Nothing below is to be printed except the lines between the line holding "repository 4d12234a7ccb0f39" and the line holding "parse_tx_node_from_raw and get_block_height.", inclusive, each exactly as it appears.

Dataset records:
====================

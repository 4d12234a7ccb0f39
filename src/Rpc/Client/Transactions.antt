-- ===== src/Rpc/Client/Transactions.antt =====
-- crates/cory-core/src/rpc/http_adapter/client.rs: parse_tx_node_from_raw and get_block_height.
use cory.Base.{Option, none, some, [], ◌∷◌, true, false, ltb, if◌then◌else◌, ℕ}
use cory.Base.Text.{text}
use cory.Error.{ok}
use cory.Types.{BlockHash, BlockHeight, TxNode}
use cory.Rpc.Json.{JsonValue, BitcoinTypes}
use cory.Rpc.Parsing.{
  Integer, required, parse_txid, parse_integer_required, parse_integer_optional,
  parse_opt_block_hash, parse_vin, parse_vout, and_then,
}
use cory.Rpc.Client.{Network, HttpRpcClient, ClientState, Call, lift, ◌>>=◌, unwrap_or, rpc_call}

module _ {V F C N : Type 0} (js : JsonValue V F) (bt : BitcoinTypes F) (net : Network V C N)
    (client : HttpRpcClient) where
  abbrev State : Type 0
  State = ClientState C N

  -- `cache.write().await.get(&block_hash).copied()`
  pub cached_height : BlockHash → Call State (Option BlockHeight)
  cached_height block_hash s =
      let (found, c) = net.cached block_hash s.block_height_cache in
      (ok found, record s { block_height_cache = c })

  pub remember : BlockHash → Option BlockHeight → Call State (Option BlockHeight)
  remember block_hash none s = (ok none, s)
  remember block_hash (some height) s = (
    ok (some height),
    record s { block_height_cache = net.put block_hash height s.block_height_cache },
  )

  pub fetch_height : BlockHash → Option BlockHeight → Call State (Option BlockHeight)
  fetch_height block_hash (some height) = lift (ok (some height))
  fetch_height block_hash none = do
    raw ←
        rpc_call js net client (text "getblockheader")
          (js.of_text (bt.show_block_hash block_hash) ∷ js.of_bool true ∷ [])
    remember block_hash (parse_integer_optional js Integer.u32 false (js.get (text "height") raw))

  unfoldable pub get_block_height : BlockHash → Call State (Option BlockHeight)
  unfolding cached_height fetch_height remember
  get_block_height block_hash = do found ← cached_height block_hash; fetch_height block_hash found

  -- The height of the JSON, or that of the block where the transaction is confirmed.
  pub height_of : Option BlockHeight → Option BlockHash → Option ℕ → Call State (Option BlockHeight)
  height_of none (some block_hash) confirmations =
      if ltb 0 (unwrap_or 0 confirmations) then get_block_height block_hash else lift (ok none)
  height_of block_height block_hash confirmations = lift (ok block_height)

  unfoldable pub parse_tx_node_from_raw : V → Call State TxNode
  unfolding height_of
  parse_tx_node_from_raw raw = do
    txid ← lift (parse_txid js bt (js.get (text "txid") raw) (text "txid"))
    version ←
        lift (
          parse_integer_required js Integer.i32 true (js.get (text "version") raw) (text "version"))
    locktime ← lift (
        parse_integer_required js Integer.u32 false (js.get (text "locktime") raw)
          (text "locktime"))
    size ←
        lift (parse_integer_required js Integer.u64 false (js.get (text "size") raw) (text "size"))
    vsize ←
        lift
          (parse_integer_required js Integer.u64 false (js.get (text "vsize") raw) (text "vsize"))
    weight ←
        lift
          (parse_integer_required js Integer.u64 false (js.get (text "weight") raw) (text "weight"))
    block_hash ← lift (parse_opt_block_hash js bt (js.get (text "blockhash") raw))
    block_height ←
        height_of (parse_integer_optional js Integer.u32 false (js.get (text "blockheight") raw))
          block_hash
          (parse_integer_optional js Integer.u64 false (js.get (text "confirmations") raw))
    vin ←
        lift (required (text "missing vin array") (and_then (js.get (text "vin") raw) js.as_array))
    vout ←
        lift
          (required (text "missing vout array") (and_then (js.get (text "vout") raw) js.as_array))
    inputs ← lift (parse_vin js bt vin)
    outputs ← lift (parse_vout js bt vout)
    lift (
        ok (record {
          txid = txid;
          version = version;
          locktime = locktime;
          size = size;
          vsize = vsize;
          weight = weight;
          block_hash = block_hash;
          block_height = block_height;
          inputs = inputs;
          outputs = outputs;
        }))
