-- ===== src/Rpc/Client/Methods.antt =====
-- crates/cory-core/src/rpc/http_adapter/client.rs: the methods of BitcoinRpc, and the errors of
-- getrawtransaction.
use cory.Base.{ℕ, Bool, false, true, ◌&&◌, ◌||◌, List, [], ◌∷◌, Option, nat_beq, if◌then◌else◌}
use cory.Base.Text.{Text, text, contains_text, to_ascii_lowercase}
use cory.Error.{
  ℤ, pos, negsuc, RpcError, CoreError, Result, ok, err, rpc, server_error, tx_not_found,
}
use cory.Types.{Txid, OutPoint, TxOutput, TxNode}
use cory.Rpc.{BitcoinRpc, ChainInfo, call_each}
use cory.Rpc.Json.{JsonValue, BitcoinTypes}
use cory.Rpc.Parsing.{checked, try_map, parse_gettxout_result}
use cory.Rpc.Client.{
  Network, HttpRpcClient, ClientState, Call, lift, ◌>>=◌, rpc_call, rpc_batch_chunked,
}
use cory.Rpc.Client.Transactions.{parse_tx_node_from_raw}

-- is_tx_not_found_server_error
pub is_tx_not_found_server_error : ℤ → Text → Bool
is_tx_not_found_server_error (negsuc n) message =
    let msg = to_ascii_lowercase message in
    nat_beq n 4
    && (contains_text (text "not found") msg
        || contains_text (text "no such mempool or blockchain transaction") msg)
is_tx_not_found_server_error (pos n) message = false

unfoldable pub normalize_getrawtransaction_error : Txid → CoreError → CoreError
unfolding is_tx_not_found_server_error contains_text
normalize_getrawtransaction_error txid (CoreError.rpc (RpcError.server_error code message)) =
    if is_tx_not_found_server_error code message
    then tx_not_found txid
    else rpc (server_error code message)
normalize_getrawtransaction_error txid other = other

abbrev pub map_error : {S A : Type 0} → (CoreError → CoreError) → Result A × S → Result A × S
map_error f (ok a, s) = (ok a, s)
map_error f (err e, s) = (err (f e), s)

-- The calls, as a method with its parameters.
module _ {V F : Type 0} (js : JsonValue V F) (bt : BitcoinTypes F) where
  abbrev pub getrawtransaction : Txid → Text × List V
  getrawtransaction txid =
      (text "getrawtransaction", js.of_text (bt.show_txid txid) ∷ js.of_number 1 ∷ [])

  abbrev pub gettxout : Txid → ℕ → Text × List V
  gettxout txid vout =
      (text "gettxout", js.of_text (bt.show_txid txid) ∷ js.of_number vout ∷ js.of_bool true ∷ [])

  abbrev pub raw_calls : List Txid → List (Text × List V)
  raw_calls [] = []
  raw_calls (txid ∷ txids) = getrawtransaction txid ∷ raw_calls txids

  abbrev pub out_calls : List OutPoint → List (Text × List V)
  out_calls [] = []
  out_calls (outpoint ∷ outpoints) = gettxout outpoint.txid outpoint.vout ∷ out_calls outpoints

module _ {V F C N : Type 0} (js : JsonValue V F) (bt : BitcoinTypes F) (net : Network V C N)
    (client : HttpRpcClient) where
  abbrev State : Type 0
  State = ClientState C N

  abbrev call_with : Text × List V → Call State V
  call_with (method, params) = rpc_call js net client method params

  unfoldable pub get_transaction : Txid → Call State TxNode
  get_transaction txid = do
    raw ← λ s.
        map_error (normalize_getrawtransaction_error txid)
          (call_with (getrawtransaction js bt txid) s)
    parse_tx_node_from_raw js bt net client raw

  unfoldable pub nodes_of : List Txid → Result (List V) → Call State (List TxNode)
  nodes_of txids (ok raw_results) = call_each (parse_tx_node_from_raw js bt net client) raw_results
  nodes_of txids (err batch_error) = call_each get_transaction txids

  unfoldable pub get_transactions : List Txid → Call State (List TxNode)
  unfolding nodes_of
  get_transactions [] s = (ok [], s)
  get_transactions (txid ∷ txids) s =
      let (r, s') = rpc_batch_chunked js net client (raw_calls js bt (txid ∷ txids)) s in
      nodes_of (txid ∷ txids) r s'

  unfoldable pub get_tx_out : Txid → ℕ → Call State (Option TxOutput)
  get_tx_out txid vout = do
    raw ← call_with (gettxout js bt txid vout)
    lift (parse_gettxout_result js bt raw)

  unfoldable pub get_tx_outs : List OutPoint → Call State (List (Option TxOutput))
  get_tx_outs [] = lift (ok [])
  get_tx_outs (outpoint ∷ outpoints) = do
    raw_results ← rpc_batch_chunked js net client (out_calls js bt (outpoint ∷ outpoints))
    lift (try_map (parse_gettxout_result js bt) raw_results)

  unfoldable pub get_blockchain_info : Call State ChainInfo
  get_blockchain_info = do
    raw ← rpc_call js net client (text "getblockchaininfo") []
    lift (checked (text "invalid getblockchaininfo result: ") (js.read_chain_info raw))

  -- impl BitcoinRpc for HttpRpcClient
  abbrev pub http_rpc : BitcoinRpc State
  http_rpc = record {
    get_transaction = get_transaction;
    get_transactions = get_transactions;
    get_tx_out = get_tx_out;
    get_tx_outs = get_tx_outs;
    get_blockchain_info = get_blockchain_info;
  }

====================

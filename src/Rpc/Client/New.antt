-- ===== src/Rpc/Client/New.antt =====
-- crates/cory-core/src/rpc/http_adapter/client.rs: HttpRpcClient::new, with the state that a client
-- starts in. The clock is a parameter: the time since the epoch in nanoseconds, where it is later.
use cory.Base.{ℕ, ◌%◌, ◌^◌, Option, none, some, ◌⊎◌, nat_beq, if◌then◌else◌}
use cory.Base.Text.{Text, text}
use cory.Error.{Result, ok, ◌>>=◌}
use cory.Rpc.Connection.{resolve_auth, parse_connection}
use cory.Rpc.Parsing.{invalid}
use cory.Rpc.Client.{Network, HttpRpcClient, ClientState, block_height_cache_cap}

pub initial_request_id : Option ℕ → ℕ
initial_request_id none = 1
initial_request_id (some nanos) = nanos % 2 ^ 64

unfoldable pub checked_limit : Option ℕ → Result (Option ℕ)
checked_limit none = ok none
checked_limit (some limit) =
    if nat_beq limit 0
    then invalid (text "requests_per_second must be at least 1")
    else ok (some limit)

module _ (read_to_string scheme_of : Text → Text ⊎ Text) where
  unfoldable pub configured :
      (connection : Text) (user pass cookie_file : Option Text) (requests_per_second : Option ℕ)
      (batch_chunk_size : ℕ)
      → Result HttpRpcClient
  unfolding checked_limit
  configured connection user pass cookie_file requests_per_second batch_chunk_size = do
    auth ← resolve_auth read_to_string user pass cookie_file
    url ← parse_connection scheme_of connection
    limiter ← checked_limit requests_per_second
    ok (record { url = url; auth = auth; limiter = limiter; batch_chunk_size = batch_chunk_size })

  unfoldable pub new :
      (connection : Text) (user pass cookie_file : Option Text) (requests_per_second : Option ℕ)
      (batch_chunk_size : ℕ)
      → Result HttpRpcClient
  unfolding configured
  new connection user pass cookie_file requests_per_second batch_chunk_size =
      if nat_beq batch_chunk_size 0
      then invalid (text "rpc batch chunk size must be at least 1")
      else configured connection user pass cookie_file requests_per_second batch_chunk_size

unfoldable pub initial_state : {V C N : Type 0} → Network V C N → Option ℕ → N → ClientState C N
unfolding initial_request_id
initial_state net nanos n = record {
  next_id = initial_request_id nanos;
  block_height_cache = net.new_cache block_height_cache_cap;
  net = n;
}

====================

ANSWER SPACE:
repository 4d12234a7ccb0f39
filename src/Rpc/Client/Transactions.antt
-- ===== src/Rpc/Client/Transactions.antt =====
-- crates/cory-core/src/rpc/http_adapter/client.rs: parse_tx_node_from_raw and get_block_height.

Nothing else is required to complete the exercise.